Chartist
- Cover of Chartist №321 illustrated by Martin Rowson
- Editor: Mike Davis
- Web editor: Keir Dhillon
- Reviews: Duncan Bowie
- Production: Ferdousur Rehman
- Former editors: Chris Knight
- Frequency: Bi-monthly
- Publisher: Chartist Collective
- Founder: Al Richardson
- Founded: May 1970
- Country: United Kingdom
- Based in: London
- Language: English
- Website: chartist.org.uk
- ISSN: 0968-7866
- OCLC: 266029914

= Chartist (magazine) =

London socialist publication

Chartist is a bi-monthly democratic socialist magazine which has been published in Britain since the 1970s. The magazine is based in London. Its name is inspired by the Chartists, a British democratic movement which existed from 1838–1857.

==History and profile==
The Chartist Group was co-founded by the historian Al Richardson in May 1970 with the intention of orienting the left toward the Labour Party. Chartist started as an 8 page tabloid style newspaper of the grouping, advocating insurrectionist politics.

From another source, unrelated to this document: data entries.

-- ===== src/Acl/Cut.antt =====
-- Where BuildHSTree cuts a dimension with three points or more.
use sec_fw.Common.{
  ℕ, suc, ◌/◌, ◌^◌, ◌≤◌, ◌<◌, ◌≡◌, refl, sym, subst, ◌∙◌, ◌⊎◌, inl, inr, Bool, true, Bool-cases,
  ◌==◌, ==_self, ==_iff, ltb, List, [], ◌∷◌, All, some, arith,
}
use sec_fw.Acl.{Rule, SegmentPt, number_bits, segment_points, qsort, dim_max}
use sec_fw.Acl.Build.{SubRanges, splits_below, sub_ranges, subtract, add, last_point, find_split}
use sec_fw.Acl.Marks.{
  has_start, has_finish, marks, has, starts, finishes, segment_points-has_start,
  segment_points-has_finish, segment_points-marks,
}
use sec_fw.Acl.Middle.{
  IsSorted, points-IsSorted, Found, root-Found, flag-cases, or_true, qsort-has_start,
  qsort-has_finish, qsort-marks,
}

-- Every bound of a range fits its dimension.
abbrev pub FitsBits : Rule → Type 0
FitsBits r =
    (dim : ℕ)
    → dim < dim_max
    → (r.range0 dim < 2 ^ number_bits dim) × (r.range1 dim < 2 ^ number_bits dim)

-- A number is the start or the end of a rule.
abbrev pub IsPoint : ℕ → List Rule → ℕ → Type 0
IsPoint dim rules x = (has x (starts dim rules) ≡ true) ⊎ (has x (finishes dim rules) ≡ true)

abbrev IsMark : List SegmentPt → ℕ → Type 0
IsMark qs x = (has_start x qs ≡ true) ⊎ (has_finish x qs ≡ true)

has_start-All :
    (P : ℕ → Type 0) (x : ℕ) (qs : List SegmentPt)
    → All (λ q. P q.segmentpoint) qs
    → has_start x qs ≡ true
    → P x
unfolding has_start
has_start-All P x [] l h = absurd (cc h)
has_start-All P x (q ∷ qs) (l, ls) h = elim (Bool-cases (q.segmentpoint == x)) [
  | inl e ↦ subst P ((==_iff q.segmentpoint x).0 e) l
  | inr e ↦ has_start-All P x qs ls (rw e at h)
]

has_finish-All :
    (P : ℕ → Type 0) (x : ℕ) (qs : List SegmentPt)
    → All (λ q. P q.segmentpoint) qs
    → has_finish x qs ≡ true
    → P x
unfolding has_finish
has_finish-All P x [] l h = absurd (cc h)
has_finish-All P x (q ∷ qs) (l, ls) h = elim (Bool-cases (q.segmentpoint == x)) [
  | inl e ↦ subst P ((==_iff q.segmentpoint x).0 e) l
  | inr e ↦ has_finish-All P x qs ls (rw e at h)
]

IsMark-All :
    (P : ℕ → Type 0) (x : ℕ) (qs : List SegmentPt)
    → All (λ q. P q.segmentpoint) qs
    → IsMark qs x
    → P x
IsMark-All P x qs l (inl h) = has_start-All P x qs l h
IsMark-All P x qs l (inr h) = has_finish-All P x qs l h

head-IsMark : (q : SegmentPt) (qs : List SegmentPt) → IsMark (q ∷ qs) q.segmentpoint
unfolding has_start has_finish
head-IsMark q qs = elim (flag-cases q.flag) [
  | inl k ↦ inl (rw (==_self q.segmentpoint, k) refl)
  | inr (inl k) ↦ inr (rw (==_self q.segmentpoint, k) refl)
  | inr (inr k) ↦ inl (rw (==_self q.segmentpoint, k) refl)
]

tail-IsMark : (q : SegmentPt) (qs : List SegmentPt) (x : ℕ) → IsMark qs x → IsMark (q ∷ qs) x
unfolding has_start has_finish
tail-IsMark q qs x (inl h) = inl (rw h (or_true _))
tail-IsMark q qs x (inr h) = inr (rw h (or_true _))

last-IsMark : (q : SegmentPt) (qs : List SegmentPt) → IsMark (q ∷ qs) (last_point (q ∷ qs))
unfolding last_point
last-IsMark q [] = head-IsMark q []
last-IsMark q (r ∷ rs) = tail-IsMark q (r ∷ rs) _ (last-IsMark r rs)

All-le-last :
    (q : SegmentPt) (qs : List SegmentPt)
    → IsSorted (q ∷ qs)
    → All (λ x. x.segmentpoint ≤ last_point (q ∷ qs)) (q ∷ qs)
unfolding last_point
All-le-last q [] s = (omega arith, _)
All-le-last q (r ∷ rs) (l, s) =
    let rest = All-le-last r rs s in
    let less : q.segmentpoint < r.segmentpoint = l.0 in
    let below : r.segmentpoint ≤ last_point (r ∷ rs) = rest.0 in (omega arith, rest)

All-first-le :
    (a : ℕ) (qs : List SegmentPt)
    → All (λ x. a < x.segmentpoint) qs
    → All (λ x. a ≤ x.segmentpoint) qs
All-first-le a [] l = _
All-first-le a (q ∷ qs) (l, ls) = (omega arith, All-first-le a qs ls)

-- The two parts: they meet between two points, or above an end, and all points lie in them.
pub record IsCut (dim : ℕ) (rules : List Rule) (s : SubRanges) : Type 0 where
  pub first : IsPoint dim rules s.range00
  pub last : IsPoint dim rules s.range11
  pub least : (x : ℕ) → IsPoint dim rules x → s.range00 ≤ x
  pub greatest : (x : ℕ) → IsPoint dim rules x → x ≤ s.range11
  pub meet : suc s.range01 ≡ s.range10
  pub cut :
      ((has s.range10 (starts dim rules) ≡ true) × (s.range00 < s.range10))
      ⊎ ((has s.range01 (finishes dim rules) ≡ true) × (s.range01 < s.range11))

-- A cut of a sorted table of points.
record TableCut (qs : List SegmentPt) (s : SubRanges) : Type 0 where
  pub first : IsMark qs s.range00
  pub last : IsMark qs s.range11
  pub least : (x : ℕ) → IsMark qs x → s.range00 ≤ x
  pub greatest : (x : ℕ) → IsMark qs x → x ≤ s.range11
  pub meet : suc s.range01 ≡ s.range10
  pub cut :
      ((has_start s.range10 qs ≡ true) × (s.range00 < s.range10))
      ⊎ ((has_finish s.range01 qs ≡ true) × (s.range01 < s.range11))

sub_ranges-TableCut :
    (q : SegmentPt) (qs : List SegmentPt) (p : SegmentPt) (flag_pos : Bool)
    → IsSorted (q ∷ qs)
    → ((x : ℕ) → IsMark (q ∷ qs) x → x < 2 ^ 64)
    → Found (q ∷ qs) p flag_pos
    → (splits_below p.flag flag_pos ≡ true → q.segmentpoint < p.segmentpoint)
    → TableCut (q ∷ qs) (sub_ranges q.segmentpoint (last_point (q ∷ qs)) p flag_pos)
unfolding sub_ranges
sub_ranges-TableCut q qs p flag_pos (l, s) fits f after =
    let least : (x : ℕ) → IsMark (q ∷ qs) x → q.segmentpoint ≤ x = λ x.
      IsMark-All (λ y. q.segmentpoint ≤ y) x (q ∷ qs)
        (omega arith, All-first-le q.segmentpoint qs l) in
    let greatest : (x : ℕ) → IsMark (q ∷ qs) x → x ≤ last_point (q ∷ qs) =
      λ x. IsMark-All (λ y. y ≤ last_point (q ∷ qs)) x (q ∷ qs) (All-le-last q qs (l, s)) in
    elim (Bool-cases (splits_below p.flag flag_pos)) [
      | inl e ↦
          let small : p.segmentpoint < 2 ^ 64 = fits p.segmentpoint (inl (f.below e)) in
          let low : q.segmentpoint < p.segmentpoint = after e in
          let back : add (subtract p.segmentpoint) ≡ p.segmentpoint = omega arith in
          rw e (record {
            first = head-IsMark q qs;
            last = last-IsMark q qs;
            least = least;
            greatest = greatest;
            meet = omega arith;
            cut = inl (rw back (f.below e), omega arith);
          })
      | inr e ↦
          let small : p.segmentpoint < 2 ^ 64 = fits p.segmentpoint (inr (f.above e).0) in
          rw e (record {
            first = head-IsMark q qs;
            last = last-IsMark q qs;
            least = least;
            greatest = greatest;
            meet = omega arith;
            cut = inr (f.above e);
          })
    ]

table-TableCut :
    (qs : List SegmentPt) (all : ℕ)
    → IsSorted qs
    → ((x : ℕ) → IsMark qs x → x < 2 ^ 64)
    → all ≡ marks qs
    → 3 ≤ all
    → (s : SubRanges) × (find_split qs all ≡ some s) × TableCut qs s
unfolding find_split marks
table-TableCut [] all s fits e h = absurd (omega (arith, e))
table-TableCut (q ∷ qs) all s fits e h =
    let (p, f, eq, found, after) = root-Found (all / 2) q qs s (omega arith) (omega (arith, e)) in
    (
      sub_ranges q.segmentpoint (last_point (q ∷ qs)) p f,
      rw (find_split, eq) refl,
      sub_ranges-TableCut q qs p f s fits found after,
    )

has-All :
    (P : ℕ → Type 0) (dim : ℕ) (rules : List Rule)
    → All (λ r. P (r.range0 dim) × P (r.range1 dim)) rules
    → (x : ℕ) → IsPoint dim rules x
    → P x
unfolding has starts finishes
has-All P dim [] a x (inl h) = absurd (cc h)
has-All P dim [] a x (inr h) = absurd (cc h)
has-All P dim (r ∷ rs) ((b, c), a) x (inl h) = elim (Bool-cases (r.range0 dim == x)) [
  | inl e ↦ subst P ((==_iff (r.range0 dim) x).0 e) b
  | inr e ↦ has-All P dim rs a x (inl (rw e at h))
]
has-All P dim (r ∷ rs) ((b, c), a) x (inr h) = elim (Bool-cases (r.range1 dim == x)) [
  | inl e ↦ subst P ((==_iff (r.range1 dim) x).0 e) c
  | inr e ↦ has-All P dim rs a x (inr (rw e at h))
]

-- All points of rules that fit their bits do.
pub point-fits :
    (dim : ℕ) (rules : List Rule)
    → dim < dim_max
    → All FitsBits rules
    → (x : ℕ) → IsPoint dim rules x
    → x < 2 ^ number_bits dim
point-fits dim rules h fits = has-All (λ x. x < 2 ^ number_bits dim) dim rules (each rules fits)
  where
    each :
        (l : List Rule)
        → All FitsBits l
        → All (λ r. (r.range0 dim < 2 ^ number_bits dim) × (r.range1 dim < 2 ^ number_bits dim)) l
    each [] f = _
    each (r ∷ rs) (f, fs) = (f dim h, each rs fs)

pub number_bits_le : (dim x : ℕ) → x < 2 ^ number_bits dim → x < 2 ^ 64
number_bits_le dim x h = elim (Bool-cases (ltb dim 2)) [
  | inl e ↦ let k : x < 2 ^ 64 = rw e at h in k
  | inr e ↦ let k : x < 2 ^ 32 = rw e at h in omega arith
]

pub find_split-IsCut :
    (dim : ℕ) (rules : List Rule)
    → dim < dim_max
    → All FitsBits rules
    → 3 ≤ (segment_points dim rules).1
    → (s : SubRanges) × (find_split
          (qsort (segment_points dim rules).0)
          (segment_points dim rules).1
        ≡ some s)
      × IsCut dim rules s
find_split-IsCut dim rules h fits more =
    let t = (segment_points dim rules).0 in
    let to_point : (x : ℕ) → IsMark (qsort t) x → IsPoint dim rules x = λ x m. elim m [
      | inl a ↦ inl (sym (segment_points-has_start dim rules x) ∙ sym (qsort-has_start x t) ∙ a)
      | inr a ↦ inr (sym (segment_points-has_finish dim rules x) ∙ sym (qsort-has_finish x t) ∙ a)
    ] in
    let to_mark : (x : ℕ) → IsPoint dim rules x → IsMark (qsort t) x = λ x m. elim m [
      | inl a ↦ inl (qsort-has_start x t ∙ segment_points-has_start dim rules x ∙ a)
      | inr a ↦ inr (qsort-has_finish x t ∙ segment_points-has_finish dim rules x ∙ a)
    ] in
    let (s, eq, c) =
      table-TableCut (qsort t) (segment_points dim rules).1 (points-IsSorted dim rules)
        (λ x m. number_bits_le dim x (point-fits dim rules h fits x (to_point x m)))
        (segment_points-marks dim rules ∙ sym (qsort-marks t)) more in
    (
      s,
      eq,
      record {
        first = to_point s.range00 c.first;
        last = to_point s.range11 c.last;
        least = λ x k. c.least x (to_mark x k);
        greatest = λ x k. c.greatest x (to_mark x k);
        meet = c.meet;
        cut = elim c.cut [
          | inl (a, b) ↦ inl (
            sym (segment_points-has_start dim rules s.range10)
                ∙ sym (qsort-has_start s.range10 t)
                ∙ a,
            b,
          )
          | inr (a, b) ↦ inr (
            sym (segment_points-has_finish dim rules s.range01)
                ∙ sym (qsort-has_finish s.range01 t)
                ∙ a,
            b,
          )
        ];
      },
    )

In response Mike Davis was elected as the publications editor, a position he's retained since 1974.

The magazine's editorial policy is firmly aligned with the "democratic socialist left" within the Labour Party, supporting such causes as the Grassroots Alliance slate in Labour National Executive Committee elections and the Save The Labour Party initiative. Its readership and editorial board are not confined, however, to the Labour Party or any one of its factions. This is because it seeks to invite debate with the broader left including greens and various independence movements. It has offered support to Jeremy Corbyn as leader of the Labour Party. Chartist defines its policy as being "to promote debate amongst people active in radical politics about the contemporary relevance of democratic socialism across the spectrum of politics, economics, science, philosophy, art, interpersonal relations – in short, the whole realm of social life".

The current editor is Mike Davis. The magazine's production editor and treasurer is Peter Kenyon, and its web editor is Keir Dhillon. Other members of the Editorial Board include Duncan Bowie, Peter Chalk, David Floyd, Don Flynn, Roger Gillham, Frank Lee, Dave Lister, Mary Southcott, James Grayson, Patricia d'Ardenne and Sheila Osmanovic, Robbie Scott, Patrick Mulcahy and Tehmina Kazi. The cover cartoon is often by Martin Rowson and production of the print edition since 2020 has been by Ferdousur Rehman.